How We Measure - Flenser
https://www.simple.com/blog/how-we-measure/
======
caidan
I like Simple and I wish them success. I don't like them because of their
fantastic app and website, or excellent human customer service, but because
after many years of abuse at the hands of Bank of America I wanted a bank that
does not aggressively pursue Non Interest Income (ie fees, usually overdraft)
as a major source of revenue.

Simple states very clearly on their faq[0] page that they make money off of
interest and interchange fees, not punitive and arguably immoral fees like
those imposed by the large mainstreet banks. Head over to this reddit
thread[1] from this morning that discusses what it's like to work for these
banks: "[the customer who was mistakenly charged the fee] struggles from week
to week with finances, and needs every dollar more than the rich customers who
treat us like shit yet the managers kiss their asses. It wasn't the customers
fault at all yet they have to suffer".

All of the large banks are ruthless predators on the weakest of our societies,
gouging their customers with an ever evolving scheme of fees and debt
incentives to ensnare, entrap and exsanguinate those who can least afford it.
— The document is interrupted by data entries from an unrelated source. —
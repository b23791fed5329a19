-- ===== src/Clients/Window.antt =====
-- store/operator_api.py and operator_api.py: the hourly budget of a credential over any requests.
use openleg.Prelude.Text.{Text}
use openleg.Prelude.{
  ℕ, ◌+◌, ◌≤◌, ◌==◌, ◌≡◌, refl, sym, Bool, true, ◌&&◌, Option, none, some, List, [], ◌∷◌, All,
  All-find, any, count, update, ltb, leb, arith, inl, inr, Bool-cases,
}
use mathlib.Core.Path.{subst}
use openleg.Clients.{
  Client, Call, Db, in_hour, usage_count, is_client, create_client, rotate_client, revoke_client,
  get_client_by_token_hash, record_usage, claim_usage,
}
use openleg.Clients.Gate.{admit, by_client, require_operator}

-- The requests of a client in the hour that ends at a time.
abbrev pub in_window : ℕ → ℕ → Call → Bool
in_window client_id t c =
    (c.client_id == client_id) && leb c.called_at t && ltb t (c.called_at + 3_600)

abbrev pub empty_db : Db
empty_db = record { clients = []; calls = [] }

-- Each client is created with the limit that `limit` gives its id.
module _ (limit : ℕ → ℕ) where
  pub data Step (db : Db) : Db → Type 0 where
    create :
        (uuid community_id created_by : ℕ) (name : Text) (capabilities : List ℕ) (token_hash : ℕ)
        (url : Option Text) {c : Client} {db' : Db}
        → create_client uuid community_id created_by name capabilities token_hash url
            (limit uuid)
            db
          ≡ some (c, db')
        → Step db db'
    rotate :
        (community_id client_id token_hash now : ℕ)
        → Step db (rotate_client community_id client_id token_hash now db).1
    revoke :
        (community_id client_id now : ℕ) → Step db (revoke_client community_id client_id now db).1
    request :
        (capability : ℕ) (token_hash : Option ℕ) (community_id : ℕ) (path : Text) (now : ℕ)
        → Step db (require_operator capability token_hash community_id path now db).1

  pub data Reach : Db → Type 0 where
    start : Reach empty_db
    next : {db db' : Db} → Reach db → Step db db' → Reach db'

  abbrev HasLimit : Client → Type 0
  HasLimit c = c.rate_limit_per_hour ≡ limit c.id

  record IsWithin (db : Db) : Type 0 where
    limits : All HasLimit db.clients
    within : (client_id t : ℕ) → count (in_window client_id t) db.calls ≤ limit client_id

  All-update :
      (p : Client → Bool) (f : Client → Client) (cs : List Client)
      → ((c : Client) → HasLimit c → HasLimit (f c))
      → All HasLimit cs
      → All HasLimit (update p f cs)
  All-update p f [] keeps h = tt
  All-update p f (c ∷ cs) keeps (h, hs) = elim (Bool-cases (p c)) [
    | inl e ↦ rw e (keeps c h, All-update p f cs keeps hs)
    | inr e ↦ rw e (h, All-update p f cs keeps hs)
  ]

  window-le-hour :
      (client_id t now : ℕ) (cs : List Call)
      → now ≤ t
      → count (in_window client_id t) cs ≤ count (in_hour client_id now) cs
  window-le-hour client_id t now [] h = omega arith
  window-le-hour client_id t now (c ∷ cs) h = ground (arith, window-le-hour client_id t now cs h)

  claim_usage-IsWithin :
      (client_id : ℕ) (endpoint : Text) (now : ℕ) (db : Db)
      → IsWithin db
      → IsWithin (claim_usage client_id endpoint (limit client_id) now db).1
  unfolding claim_usage usage_count record_usage
  claim_usage-IsWithin client_id endpoint now db w =
      elim (Bool-cases (leb (limit client_id) (count (in_hour client_id now) db.calls))) [
        | inl e ↦ rw e w
        | inr e ↦ rw e (record {
          limits = All-update (λ c. c.id == client_id) _ db.clients (λ c h. h) w.limits;
          within = λ i t. elim (Bool-cases (leb now t)) [
            | inl l ↦
                ground (arith, w.within i t, window-le-hour client_id t now db.calls (ground arith))
            | inr l ↦ ground (arith, w.within i t)
          ];
        })
      ]

  admit-IsWithin :
      (capability community_id : ℕ) (path : Text) (now : ℕ) (c : Client) (db : Db)
      → HasLimit c
      → IsWithin db
      → IsWithin (admit capability community_id path now c db).1
  unfolding admit
  admit-IsWithin capability community_id path now c db h w =
      elim (Bool-cases (c.community_id == community_id)) [
        | inr e ↦ rw e w
        | inl e ↦ elim (Bool-cases (any (λ x. x == capability) c.capabilities)) [
          | inr a ↦ rw e (rw a w)
          | inl a ↦ rw e (
              rw a (
                subst (λ n. IsWithin (claim_usage c.id path n now db).1) (sym h)
                  (claim_usage-IsWithin c.id path now db w)))
        ]
      ]

  by_client-IsWithin :
      (capability community_id : ℕ) (path : Text) (now : ℕ) (c : Option Client) (db : Db)
      → ((x : Client) → c ≡ some x → HasLimit x)
      → IsWithin db
      → IsWithin (by_client capability community_id path now c db).1
  unfolding by_client
  by_client-IsWithin capability community_id path now none db h w = w
  by_client-IsWithin capability community_id path now (some c) db h w =
      admit-IsWithin capability community_id path now c db (h c refl) w

  request-IsWithin :
      (capability : ℕ) (token_hash : Option ℕ) (community_id : ℕ) (path : Text) (now : ℕ) (db : Db)
      → IsWithin db
      → IsWithin (require_operator capability token_hash community_id path now db).1
  unfolding require_operator get_client_by_token_hash
  request-IsWithin capability none community_id path now db w = w
  request-IsWithin capability (some token_hash) community_id path now db w =
      by_client-IsWithin capability community_id path now _ db
        (λ x e.
          All-find HasLimit (λ c. (c.token_hash == token_hash) && c.active) db.clients w.limits e)
        w

  create_client-IsWithin :
      (uuid community_id created_by : ℕ) (name : Text) (capabilities : List ℕ) (token_hash : ℕ)
      (url : Option Text) (db : Db) {c : Client} {db' : Db}
      → IsWithin db
      → create_client uuid community_id created_by name capabilities token_hash url (limit uuid) db
        ≡ some (c, db')
      → IsWithin db'
  unfolding create_client
  create_client-IsWithin uuid community_id created_by name capabilities token_hash url db {c} {db'}
        w e =
      let row : Client = record {
        id = uuid;
        community_id = community_id;
        created_by = created_by;
        name = name;
        capabilities = capabilities;
        token_hash = token_hash;
        webhook_url = url;
        webhook_secret_version = 1;
        rate_limit_per_hour = limit uuid;
        active = true;
        rotated_at = none;
        revoked_at = none;
        last_used_at = none;
      } in
      let same : record db { clients = row ∷ db.clients } ≡ db' = ground arith in
      subst IsWithin same (record { limits = (refl, w.limits); within = w.within })

  step-IsWithin : (db : Db) {db' : Db} → IsWithin db → Step db db' → IsWithin db'
  unfolding rotate_client revoke_client
  step-IsWithin db w (Step.create uuid community_id created_by name capabilities token_hash url e) =
      create_client-IsWithin uuid community_id created_by name capabilities token_hash url db w e
  step-IsWithin db w (Step.rotate community_id client_id token_hash now) = record {
    limits = All-update (is_client community_id client_id) _ db.clients (λ c h. h) w.limits;
    within = w.within;
  }
  step-IsWithin db w (Step.revoke community_id client_id now) = record {
    limits = All-update (is_client community_id client_id) _ db.clients (λ c h. h) w.limits;
    within = w.within;
  }
  step-IsWithin db w (Step.request capability token_hash community_id path now) =
      request-IsWithin capability token_hash community_id path now db w

  Reach-IsWithin : (db : Db) → Reach db → IsWithin db
  Reach-IsWithin db Reach.start = record { limits = tt; within = λ i t. omega arith }
  Reach-IsWithin db' (Reach.next {db = old} r s) = step-IsWithin old (Reach-IsWithin old r) s

  -- After any operations on empty tables, a client has in each hour, whenever it ends, at most as
  -- many requests as its limit.
  pub Reach-window :
      (db : Db)
      → Reach db
      → (client_id t : ℕ) → count (in_window client_id t) db.calls ≤ limit client_id
  Reach-window db r = (Reach-IsWithin db r).within
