-- ===== src/Clients/Tests.antt =====
-- Runs of store/operator_api.py and operator_api.py on a small table, and the theorems there.
use openleg.Prelude.Text.{Text, codes}
use openleg.Prelude.{ℕ, ◌*◌, ◌≡◌, ◌≤◌, ◌≢◌, refl, true, none, some, [], ◌∷◌, count, err}
use openleg.Clients.{
  Client, Db, create_client, rotate_client, revoke_client, get_client_by_token_hash, usage_count,
  record_usage,
}
use openleg.Clients.Gate.{Refusal, require_operator, require_operator-admits, revoke_client-refused}
use openleg.Clients.Window.{Step, Reach, in_window, Reach-window}

abbrev path : Text
path = codes "/billing/periods"

abbrev client : ℕ → ℕ → Client
client id limit = record {
  id = id;
  community_id = 1;
  created_by = 4;
  name = codes "Tool";
  capabilities = 7 ∷ [];
  token_hash = id * 10;
  webhook_url = none;
  webhook_secret_version = 1;
  rate_limit_per_hour = limit;
  active = true;
  rotated_at = none;
  revoked_at = none;
  last_used_at = none;
}

abbrev created : Db
created = record { clients = client 1 2 ∷ []; calls = [] }

abbrev after_one : Db
after_one = record {
  clients = record (client 1 2) { last_used_at = some 100 } ∷ [];
  calls = record { client_id = 1; endpoint = path; called_at = 100 } ∷ [];
}

abbrev after_two : Db
after_two = record {
  clients = record (client 1 2) { last_used_at = some 2_000 } ∷ [];
  calls =
      record { client_id = 1; endpoint = path; called_at = 2_000 }
      ∷ record { client_id = 1; endpoint = path; called_at = 100 }
      ∷ [];
}

abbrev three : Db
three = record { clients = client 2 5 ∷ client 3 5 ∷ []; calls = [] }

-- The third request in an hour is refused, and one an hour after the first is not.
third : (require_operator 7 (some 10) 1 path 3_000 after_two).0 ≡ err Refusal.rate_limited
unfolding require_operator
third = refl

later : usage_count 1 3_700 after_two ≡ 1
unfolding usage_count
later = refl

no_token : (require_operator 7 none 1 path 0 after_one).0 ≡ err Refusal.authentication_required
unfolding require_operator
no_token = refl

wrong_token : (require_operator 7 (some 11) 1 path 0 after_one).0 ≡ err Refusal.invalid_credential
unfolding require_operator
wrong_token = refl

elsewhere : (require_operator 7 (some 10) 2 path 0 after_one).0 ≡ err Refusal.not_found
unfolding require_operator
elsewhere = refl

not_allowed : (require_operator 8 (some 10) 1 path 0 after_one).0 ≡ err Refusal.capability_denied
unfolding require_operator
not_allowed = refl

rotated_token : get_client_by_token_hash 10 (rotate_client 1 1 77 9 created).1 ≡ none
unfolding get_client_by_token_hash rotate_client
rotated_token = refl

two_requests : Reach (λ id. 2) after_two
unfolding create_client require_operator
two_requests =
    Reach.next {db' = after_two}
      (Reach.next {db' = after_one}
        (Reach.next {db' = created} Reach.start
          (Step.create 1 1 4 (codes "Tool") (7 ∷ []) 10 none {c = client 1 2} refl))
        (Step.request 7 (some 10) 1 path 100))
      (Step.request 7 (some 10) 1 path 2_000)

Reach-window_example : count (in_window 1 3_000) after_two.calls ≤ 2
Reach-window_example = Reach-window (λ id. 2) after_two two_requests 1 3_000

require_operator-admits_example :
    (require_operator 7 (some 10) 1 path 2_000 after_one).1 ≡ record_usage 1 path 2_000 after_one
unfolding require_operator
require_operator-admits_example =
    (require_operator-admits 7 (some 10) 1 path 2_000 after_one).1
      (record (client 1 2) { last_used_at = some 100 }) refl

revoke_client-refused_example : (client 3 5).id ≢ 2
unfolding require_operator revoke_client
revoke_client-refused_example =
    revoke_client-refused 1 2 50 7 (some 30) path 60 three (client 3 5) refl
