-- ===== src/Router/Wildcard.antt =====
-- internal/router/router.go: model patterns in which `*` stands for any text. A text is the list
-- of its code points: prefixes, suffixes and leftmost occurrences are those of its UTF-8 bytes.
pub mod Text
pub mod Scan
pub mod Glob
use syrogo.Base.{
  ℕ, suc, ◌+◌, Bool, true, false, not, ◌&&◌, ◌||◌, Option, none, some, List, [], ◌∷◌, length, drop,
  keep_if, map, if◌then◌else◌, leb, ◌==◌, nat_eq,
}

abbrev pub Bytes : Type 0
Bytes = List ℕ

abbrev pub star : ℕ
star = b'*'

pub record WildcardPattern : Type 0 where
  pub literals : List Bytes
  pub leading_star : Bool
  pub trailing_star : Bool

unfoldable pub bytes_eq : Bytes → Bytes → Bool
bytes_eq [] [] = true
bytes_eq (x ∷ xs) (y ∷ ys) = x == y && bytes_eq xs ys
bytes_eq _ _ = false

-- `strings.HasPrefix(s, prefix)`.
unfoldable pub has_prefix : Bytes → Bytes → Bool
has_prefix s [] = true
has_prefix [] (p ∷ ps) = false
has_prefix (c ∷ s) (p ∷ ps) = c == p && has_prefix s ps

-- `strings.HasSuffix(s, suffix)`.
unfoldable pub has_suffix : Bytes → Bytes → Bool
unfolding bytes_eq
has_suffix [] suffix = bytes_eq [] suffix
has_suffix (c ∷ s) suffix = bytes_eq (c ∷ s) suffix || has_suffix s suffix

abbrev shifted : Option ℕ → Option ℕ
shifted none = none
shifted (some i) = some (suc i)

-- `strings.Index(s, sep)`, where `none` is -1.
unfoldable pub index : Bytes → Bytes → Option ℕ
unfolding has_prefix
index [] sep = if has_prefix [] sep then some 0 else none
index (c ∷ s) sep = if has_prefix (c ∷ s) sep then some 0 else shifted (index s sep)

abbrev pub cons_head : ℕ → List Bytes → List Bytes
cons_head c [] = (c ∷ []) ∷ []
cons_head c (part ∷ parts) = (c ∷ part) ∷ parts

-- `strings.Split(pattern, "*")`: the parts between the stars, one more than there are stars.
unfoldable pub split : Bytes → List Bytes
split [] = [] ∷ []
split (c ∷ cs) = if c == star then [] ∷ split cs else cons_head c (split cs)

abbrev pub is_part : Bytes → Bool
is_part [] = false
is_part (c ∷ cs) = true

-- The body of the loop of `compileModelPatterns`.
unfoldable pub compile_pattern : Bytes → WildcardPattern
unfolding split has_prefix has_suffix
compile_pattern pattern = record {
  literals = keep_if is_part (split pattern);
  leading_star = has_prefix pattern (star ∷ []);
  trailing_star = has_suffix pattern (star ∷ []);
}

abbrev pub is_last : List Bytes → Bool
is_last [] = true
is_last (l ∷ ls) = false

-- The loop of `matches`; the first flag is `i == 0`.
unfoldable pub match_from : Bool → WildcardPattern → Bytes → ℕ → List Bytes → Bool
unfolding has_prefix has_suffix index
match_from first p value position [] = p.trailing_star || position == length value
match_from first p value position (literal ∷ rest) = elim (first && not p.leading_star) [
  | true ↦ elim (has_prefix value literal) [
    | true ↦ match_from false p value (length literal) rest
    | false ↦ false
  ]
  | false ↦ elim (is_last rest && not p.trailing_star) [
    | true ↦ leb (position + length literal) (length value) && has_suffix value literal
    | false ↦ elim (index (drop position value) literal) [
      | none ↦ false
      | some i ↦ match_from false p value (position + (i + length literal)) rest
    ]
  ]
]

unfoldable pub match_literals : WildcardPattern → Bytes → List Bytes → Bool
unfolding match_from
match_literals p value [] = true
match_literals p value (literal ∷ rest) = match_from true p value 0 (literal ∷ rest)

unfoldable pub matches : WildcardPattern → Bytes → Bool
unfolding match_literals
matches p value = match_literals p value p.literals

unfoldable pub compile_model_patterns : Option (List Bytes) → List WildcardPattern
unfolding compile_pattern
compile_model_patterns none = []
compile_model_patterns (some models) = map compile_pattern models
They are involved in price fixing scandals of the highest order, are beyond
the reach of the law no matter the transgression, and seem to hold the sum
total of our shared societies in contempt. Apparently there is very little
that can be done at this point, the horse as long since bolted, but at the
bare minimum I'll be god damned if I give them a dime I don't have to. Simple
enables me to bank as usual without continuing to participate in that abusive
relationship, and for that, I like them.

[0] [https://www.simple.com/faq/](https://www.simple.com/faq/) [1]
[http://www.reddit.com/r/AskReddit/comments/26qpcq/redditors_...](http://www.reddit.com/r/AskReddit/comments/26qpcq/redditors_who_work_for_a_company_everybody_hates/)

------
rb2k_
Maybe slightly off topic to the post, semi related to their idea of an
"active" customer:

I really like the way simple presents themselves. I don't think I'll join them
any time soon though.

The incentive to use a 3rd party credit card is way too strong. I get things
like cash back (depending on the card, up to 6% for e.g. groceries, 3% on gas,
...) and it helps building my credit score which the debit transactions on
simple won't help with at all.

I do like Fee-Free ATMs, but on both of my current checking accounts (e.g.
Charles Schwab) I don't have to try to find a special one that, judging from
the map, usually means a 10 minute walk. I can just go to any ATM since there
are quite a few banks that will reimburse costs for ANY of them.

Photo Check Deposit is pretty standard these days as well, both my local bank
as well as Charles Schwab had apps that allow me to do that.

Most of the integration that simple provides (the "budgeting" part) , I
probably also get with Mint. Only that Mint actually takes ALL of my accounts
(Brokerage, Credit cards, ...) into account.

Besides that, the last time I checked they only accepted “Type 1 Social
Security Numbers”. Sadly, as a resident alien, I only have a type 2 number
(“for work”). This seemed a bit strange since pretty much every other
financial institution didn't care about the specific type of SSN so far. I
didn't even know there were different ones. They mention on twitter that
they've "processed a few exceptions", it would probably still be very
inconvenient.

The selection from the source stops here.